How did whaling impact deep sea communities?

Deep-sea communities are heavily limited by food, with a prime source of nutrients being marine snow, which is a term used to describe sinking organic matter. Whale falls, which are whale carcasses that sink to the seafloor, are valuable sources of nutrients in an otherwise nutrient-poor environment. A thirty-ton whale carcass, like one from a humpback whale, can transport organic matter two thousand times faster than the average fall of marine snow, as well as transport large amounts of carbon to the seafloor(Li, 2022). A single whale fall is able to support a deep-sea community for upwards of a hundred years due to their oil-rich skulls and thoracic vertebrae. The decomposition of a whale can also produce sulfidic conditions similar to hydrothermal vents, which can support methanogens and microbial mats. 

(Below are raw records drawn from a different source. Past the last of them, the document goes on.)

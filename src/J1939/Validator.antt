-- ===== src/J1939/Validator.antt =====
-- core/src/j1939.rs, the validator: `Reject` and `Validator`. Counters are 32-bit and wrap, as in
-- a release build.
pub mod Attribution
pub mod Accounting
pub mod Sequence
use fieldbus_control_node.Prelude.{
  ℕ, ◌+◌, ◌-◌, ◌≡◌, ◌<◌, ◌^◌, Bool, not, ◌||◌, Option, none, some, List, [], ◌∷◌, ◌==◌,
  if◌then◌else◌, u8, u32, ℤ, pos, negsuc, ltb_ℤ, get_or, set, replicate, length, Result, ok, err,
}
use fieldbus_control_node.J1939.Ident.{pgn_sensor, sa_sensor, unpack, pgn}
use fieldbus_control_node.J1939.Crc.{crc8_j1850}
use fieldbus_control_node.J1939.Payload.{Frame, Payload, Bytes8, covered, payload_len, decode}

abbrev pub value_min : ℤ
value_min = negsuc 9999

abbrev pub value_max : ℤ
value_max = pos 10000

pub data Reject : Type 0 where
  bad_length unknown_pgn unexpected_source bad_crc bad_reserved duplicate : Reject
  -- expected, got
  out_of_order : ℕ → ℕ → Reject
  out_of_range : Reject

abbrev pub reject_kinds : ℕ
reject_kinds = 8

unfoldable pub index : Reject → ℕ
index bad_length = 0
index unknown_pgn = 1
index unexpected_source = 2
index bad_crc = 3
index bad_reserved = 4
index duplicate = 5
index (out_of_order expected got) = 6
index out_of_range = 7

pub record Validator : Type 0 where
  pub last_seq : Option ℕ
  pub accepted : ℕ
  pub rejected : ℕ
  pub by_reason : List ℕ

-- `Validator::new`.
unfoldable pub new : Validator
unfolding replicate
new = record { last_seq = none; accepted = 0; rejected = 0; by_reason = replicate reject_kinds 0 }

-- The last two checks of `classify`: the range, and before it the sequence.
unfoldable pub range_check : Payload → Result Payload Reject
range_check p =
    if ltb_ℤ p.value value_min || ltb_ℤ value_max p.value then err out_of_range else ok p

unfoldable pub sequence_check : Option ℕ → Payload → Result Payload Reject
unfolding range_check
sequence_check none p = range_check p
sequence_check (some last) p =
    if p.seq == last
    then err duplicate
    else if not (p.seq == u8 (last + 1))
    then err (out_of_order (u8 (last + 1)) p.seq)
    else range_check p

unfoldable pub classify : Validator → Frame → Result Payload Reject
unfolding sequence_check
classify v frame =
    if not (frame.dlc == payload_len)
    then err bad_length
    else let id = unpack frame.id in
      if not (pgn id == pgn_sensor)
      then err unknown_pgn
      else if not (id.source_address == sa_sensor)
      then err unexpected_source
      else if not (frame.bytes.b7 == crc8_j1850 (covered frame.bytes))
      then err bad_crc
      else if not (frame.bytes.b4 == 0) || (not (frame.bytes.b5 == 0) || not (frame.bytes.b6 == 0))
      then err bad_reserved
      else sequence_check v.last_seq (decode frame.bytes)

-- `self.by_reason[r.index()] += 1`.
abbrev pub count_reason : List ℕ → ℕ → List ℕ
count_reason counts i = set counts i (u32 (get_or counts i 0 + 1))

-- The state that `validate` leaves for each outcome.
unfoldable pub record_outcome : Validator → Result Payload Reject → Validator
unfolding index
record_outcome v (ok p) = record v { last_seq = some p.seq; accepted = u32 (v.accepted + 1) }
record_outcome v (err r) = record v {
  rejected = u32 (v.rejected + 1);
  by_reason = count_reason v.by_reason (index r);
}

unfoldable pub validate : Validator → Frame → Validator × Result Payload Reject
validate v frame = let outcome = classify v frame in (record_outcome v outcome, outcome)

unfoldable pub reset_sequence : Validator → Validator
reset_sequence v = record v { last_seq = none }

-- A burst of frames, in arrival order, as the node's loop feeds them.
unfoldable pub validate_all : Validator → List Frame → Validator
validate_all v [] = v
validate_all v (frame ∷ frames) = validate_all (validate v frame).0 frames

-- One frame of a burst, by its outcome.
pub validate_all-cons :
    (v : Validator) (f : Frame) (fs : List Frame) (o : Result Payload Reject)
    → classify v f ≡ o
    → validate_all v (f ∷ fs) ≡ validate_all (record_outcome v o) fs
unfolding validate_all validate
validate_all-cons v f fs o e = rw e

A whale fall off the coast of Monterey, CA, with octopuses and bone worms. Photo credit: OET/NOAA

Whales can also benefit deep-sea communities while alive. Many species of whale hunt in the deep sea, and while there, produce waste high in iron and other nutrients. This can be especially important in nutrient-poor regions, such as the Southern Ocean, where iron is the primary limiting nutrient for algae growth. 

Whaling decimated global whale populations. It is estimated that the current biomass of global whale populations is less than 25% of pre-whaling levels, with blue whale populations in the Southern Ocean being reduced by up to 99%(Pershing, 2010). Whale-falls are most common along whale migratory routes, which were also the routes whaling ships followed. This means that whales were removed from areas where whale-falls were the most frequent, and by extension, there were the most organisms reliant on whale-falls. It is estimated that 65-90% of whale falls have been reduced in the past 200 years, and that 3 million whales were killed during peak whaling years(Mingli, 2023). Up to half of the organisms dependent on whale-falls as a food source could have gone extinct in that time period(Li, 2022)

Humpback whale distribution map in the North Atlantic Ocean. Photo Credit: NOAA 

Since whale-falls can also imitate the sulfidic conditions found at hydrothermal vents, it is also possible that the decline in whale populations caused a decline in deep-sea bacteria found at these environments. Some scientists theorize that whale-falls can act as islands of sorts between hydrothermal vents, allowing organisms to travel between vents and increase genetic diversity(Butman, 1995). The decrease in whale-falls likely resulted in habitat fragmentation between vents and narrowed the range of organisms common at hydrothermal vents. 

The removal of three million whales, as well as modern undoubtedly, had a substantial effect on deep-sea ecosystems. Fewer whales mean less nutrient transfer, carbon storage, and more habitat fragmentation of marine basin species. Without a solid understanding of what deep-sea communities were like before the peak of whaling, we will never fully know the impact that we have already had on deep-sea communities.